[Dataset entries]
*** Begin section ***

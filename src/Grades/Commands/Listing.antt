-- ===== src/Grades/Commands/Listing.antt =====
-- showAll, listGrades and listSome print the students of the file, the first five, or a page.
use system_related_in_c.Base.{◌≤◌, ◌≡◌, ◌∙◌, ap, List, ◌++◌, length, ==_ne, take}
use system_related_in_c.Grades.Text.{Str, codes}
use system_related_in_c.Grades.World.{Env, World, ok, content}
use system_related_in_c.Grades.World.Files.{
  touch, logged, out-logged, out-touch, open_file-ok, log_message-ok, fork-ok,
}
use system_related_in_c.Grades.Students.{Student}
use system_related_in_c.Grades.Students.Load.{students_of, load_small, load_to_five_small}
use system_related_in_c.Grades.Commands.{grade_lines, show_all, list_grades}
use system_related_in_c.Grades.Commands.Records.{Allows}

module _ (env : Env) (file : Str) (can : Allows env file) (w : World)
    (small : length (content (w.files file)) ≤ 999) where
  printed : Str → Str → World
  printed text message = logged message (record (touch file w) { out = (touch file w).out ++ text })

  out-printed : (text message : Str) → (printed text message).out ≡ w.out ++ text
  unfolding printed
  out-printed text message = out-logged message _ ∙ ap (λ o. o ++ text) (out-touch file w)

  abbrev students : List Student
  students = students_of (content (w.files file))

  -- If the child starts and opens the file and the log, two files with names, and the file has at
  -- most 999 bytes: showAll returns and prints the students of the file in its order.
  pub show_all_prints :
      (w' : World) × (show_all env file w ≡ ok tt w')
      × (w'.out ≡ w.out ++ grade_lines (students_of (content (w.files file))))
  unfolding show_all printed
  show_all_prints = (
    printed (grade_lines students) (codes "All students are printed"),
    rw (
      fork-ok,
      can.forks,
      open_file-ok env file w can.opens,
      load_small _ small,
      log_message-ok env _ _ can.logs,
    ),
    out-printed (grade_lines students) (codes "All students are printed"),
  )

  -- If the child starts and opens the file and the log, two files with names, and the file has at
  -- most 999 bytes: listGrades returns and prints the first five students of the file, or all if
  -- it has fewer.
  pub list_grades_prints :
      (w' : World) × (list_grades env file w ≡ ok tt w')
      × (w'.out ≡ w.out ++ grade_lines (take 5 (students_of (content (w.files file)))))
  unfolding list_grades printed
  list_grades_prints = (
    printed (grade_lines (take 5 students)) (codes "First 5 student are printed"),
    rw (
      ==_ne can.named,
      fork-ok,
      can.forks,
      open_file-ok env file w can.opens,
      load_to_five_small _ small,
      log_message-ok env _ _ can.logs,
    ),
    out-printed (grade_lines (take 5 students)) (codes "First 5 student are printed"),
  )
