-- ===== src/Grades/Commands/Pages.antt =====
-- listSome prints a page of the students.
use system_related_in_c.Base.{
  ℕ, zero, suc, ◌+◌, ◌-◌, ◌*◌, ◌≤◌, ◌<◌, ◌≡◌, refl, ◌∙◌, ap, subst, none, some, List, [], ◌∷◌, ◌++◌,
  arith, length, append-nil, append_assoc, ==_ne, take, drop, get_elem?, dec_lt,
}
use system_related_in_c.Base.Int.{
  pos, pos_part, int, ◌+ℤ◌, ◌-ℤ◌, ◌*ℤ◌, mul-pos, sub-pos, add-pos, int-pos, int-last, count-last,
}
use system_related_in_c.Grades.Text.{Str, codes}
use system_related_in_c.Grades.World.{Env, World, Outcome, ok, exited, fault, content}
use system_related_in_c.Grades.World.Files.{
  touch, logged, out-logged, out-touch, open_file-ok, log_message-ok, fork-ok,
}
use system_related_in_c.Grades.Students.{Student}
use system_related_in_c.Grades.Students.Load.{students_of, load_small}
use system_related_in_c.Grades.Commands.{grade_line, grade_lines, show_page, list_some}
use system_related_in_c.Grades.Commands.Records.{Allows}

module _ {A : Type 0} where
  drop-get_elem? :
      (l : List A) (n : ℕ)
      → n < length l
      → (a : A) × (get_elem? l n ≡ some a) × (drop n l ≡ a ∷ drop (n + 1) l)
  drop-get_elem? [] n lt = absurd (omega arith)
  drop-get_elem? (a ∷ l) zero lt = (a, refl, refl)
  drop-get_elem? (x ∷ l) (suc n) lt =
      let (a, at, split) = drop-get_elem? l n (omega arith) in
      (a, at, subst (λ m. drop n l ≡ a ∷ drop m (x ∷ l)) next split)
    where
      next : suc (n + 1) ≡ suc n + 1
      next = omega arith

  get_elem?-out : (l : List A) (n : ℕ) → length l ≤ n → get_elem? l n ≡ none
  get_elem?-out [] n le = refl
  get_elem?-out (a ∷ l) zero le = absurd (omega arith)
  get_elem?-out (a ∷ l) (suc n) le = get_elem?-out l n (omega arith)

module _ (env : Env) (students : List Student) where
  show_page-in :
      (k n : ℕ) (w : World)
      → n + k ≤ length students
      → (w' : World) × (show_page env k (pos n) students w ≡ ok tt w')
        × (w'.out ≡ w.out ++ grade_lines (take k (drop n students)))
  unfolding show_page
  show_page-in zero n w fits = (w, refl, rw append-nil)
  show_page-in (suc k) n w fits =
      let (s, at, split) = drop-get_elem? students n (omega arith) in
      let shown : World = record w { out = w.out ++ grade_line s.name s.surname s.grade } in
      let (w', rest, said) = show_page-in k (n + 1) shown (omega arith) in
      (w', rw (at, rest), said ∙ rw (split, append_assoc))

  show_page-out :
      (k n : ℕ) (w : World)
      → length students < n + k
      → 1 ≤ k
      → show_page env k (pos n) students w ≡ fault
  unfolding show_page
  show_page-out zero n w past some_rounds = absurd (omega arith)
  show_page-out (suc k) n w past some_rounds = elim (dec_lt n (length students)) [
    | yes lt ↦
        let (s, at, _) = drop-get_elem? students n lt in
        rw (at, show_page-out k (n + 1) _ (omega arith) (omega arith))
    | no ge ↦ rw (get_elem?-out students n (omega arith))
  ]

-- How the child ends once the page is printed.
abbrev listed : Outcome (Unit {0}) → Outcome (Unit {0})
listed (ok a w') = ok tt (logged (codes "Students are listed by page number") w')
listed (exited s w') = ok tt w'
listed fault = fault

-- The arithmetic of listSome, where the sum stays an int.
module _ (page entries : ℕ) (from_one : 1 ≤ page) (sum_int : 5 * page + entries ≤ 2147483647) where
  abbrev start : ℕ
  start = 5 * page - 5

  product-int : int (pos 5 *ℤ pos page) ≡ some (pos (5 * page))
  product-int = ap int (mul-pos 5 page) ∙ int-pos (5 * page) (omega arith)

  start-int : int (pos (5 * page) -ℤ pos 5) ≡ some (pos start)
  start-int = ap int (sub-pos (5 * page) 5 (omega arith)) ∙ int-pos start (omega arith)

  sum-int : int (pos start +ℤ pos entries) ≡ some (pos (start + entries))
  sum-int = ap int (add-pos start entries) ∙ int-pos (start + entries) (omega arith)

  last-int : int (pos (start + entries) -ℤ pos 1) ≡ some (pos (start + entries) -ℤ pos 1)
  last-int = int-last (start + entries) (omega arith)

  rounds : pos_part (pos (start + entries) -ℤ pos 1 +ℤ pos 1 -ℤ pos start) ≡ entries
  rounds = count-last (start + entries) start (omega arith) ∙ omega arith

  -- The child's work with what was read.
  module _ (env : Env) (file : Str) (w : World) (can : Allows env file)
      (small : length (content (w.files file)) ≤ 999) where
    abbrev page_of : Outcome (Unit {0})
    page_of =
        show_page env entries (pos start) (students_of (content (w.files file))) (touch file w)

    list_some-page :
        (o : Outcome (Unit {0}))
        → page_of ≡ o
        → list_some env file (pos page) (pos entries) w ≡ listed o
    unfolding list_some
    list_some-page (ok a w') e = rw (
      ==_ne can.named,
      fork-ok,
      can.forks,
      open_file-ok env file w can.opens,
      product-int,
      start-int,
      sum-int,
      last-int,
      load_small _ small,
      rounds,
      e,
      log_message-ok env _ w' can.logs,
    )
    list_some-page (exited s w') e = rw (
      ==_ne can.named,
      fork-ok,
      can.forks,
      open_file-ok env file w can.opens,
      product-int,
      start-int,
      sum-int,
      last-int,
      load_small _ small,
      rounds,
      e,
    )
    list_some-page fault e = rw (
      ==_ne can.named,
      fork-ok,
      can.forks,
      open_file-ok env file w can.opens,
      product-int,
      start-int,
      sum-int,
      last-int,
      load_small _ small,
      rounds,
      e,
    )

-- If the child starts and opens the file and the log, two files with names, and the file has at
-- most 999 bytes; for a page from 1 on, if the file has all the entries that are asked for from
-- the start of the page on, and five times the page and their number add up to an int: listSome
-- returns and prints these entries.
pub list_some_prints :
    (env : Env) (file : Str) (page entries : ℕ) (w : World)
    → Allows env file
    → length (content (w.files file)) ≤ 999
    → 1 ≤ page
    → 5 * page + entries ≤ 2147483647
    → 5 * page - 5 + entries ≤ length (students_of (content (w.files file)))
    → (w' : World) × (list_some env file (pos page) (pos entries) w ≡ ok tt w')
      × (w'.out
          ≡ w.out
            ++ grade_lines
                (take entries (drop (5 * page - 5) (students_of (content (w.files file))))))
list_some_prints env file page entries w can small from_one sum_int fits =
    let (w', shows, said) =
      show_page-in env (students_of (content (w.files file))) entries (5 * page - 5) (touch file w)
        fits in
    (
      logged (codes "Students are listed by page number") w',
      list_some-page page entries from_one sum_int env file w can small (ok tt w') shows,
      out-logged _ w' ∙ said ∙ rw (out-touch file w),
    )

-- If the child starts and opens the file and the log, two files with names, and the file has at
-- most 999 bytes; for a page from 1 on, if one entry or more is asked for, one of them behind the
-- last student of the file, and five times the page and their number add up to an int: listSome
-- reads a student that was never stored.
pub list_some_past :
    (env : Env) (file : Str) (page entries : ℕ) (w : World)
    → Allows env file
    → length (content (w.files file)) ≤ 999
    → 1 ≤ page
    → 5 * page + entries ≤ 2147483647
    → length (students_of (content (w.files file))) < 5 * page - 5 + entries
    → 1 ≤ entries
    → list_some env file (pos page) (pos entries) w ≡ fault
list_some_past env file page entries w can small from_one sum_int past one =
    list_some-page page entries from_one sum_int env file w can small fault (
      show_page-out env (students_of (content (w.files file))) entries (5 * page - 5) (touch file w)
        past one)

*** End section ***

**YOUR TASK**
Please go through the entries and show every line with the word "absurd".

**SOLUTION FOR THIS TASK**
  drop-get_elem? [] n lt = absurd (omega arith)
  get_elem?-out (a ∷ l) zero le = absurd (omega arith)
  show_page-out zero n w past some_rounds = absurd (omega arith)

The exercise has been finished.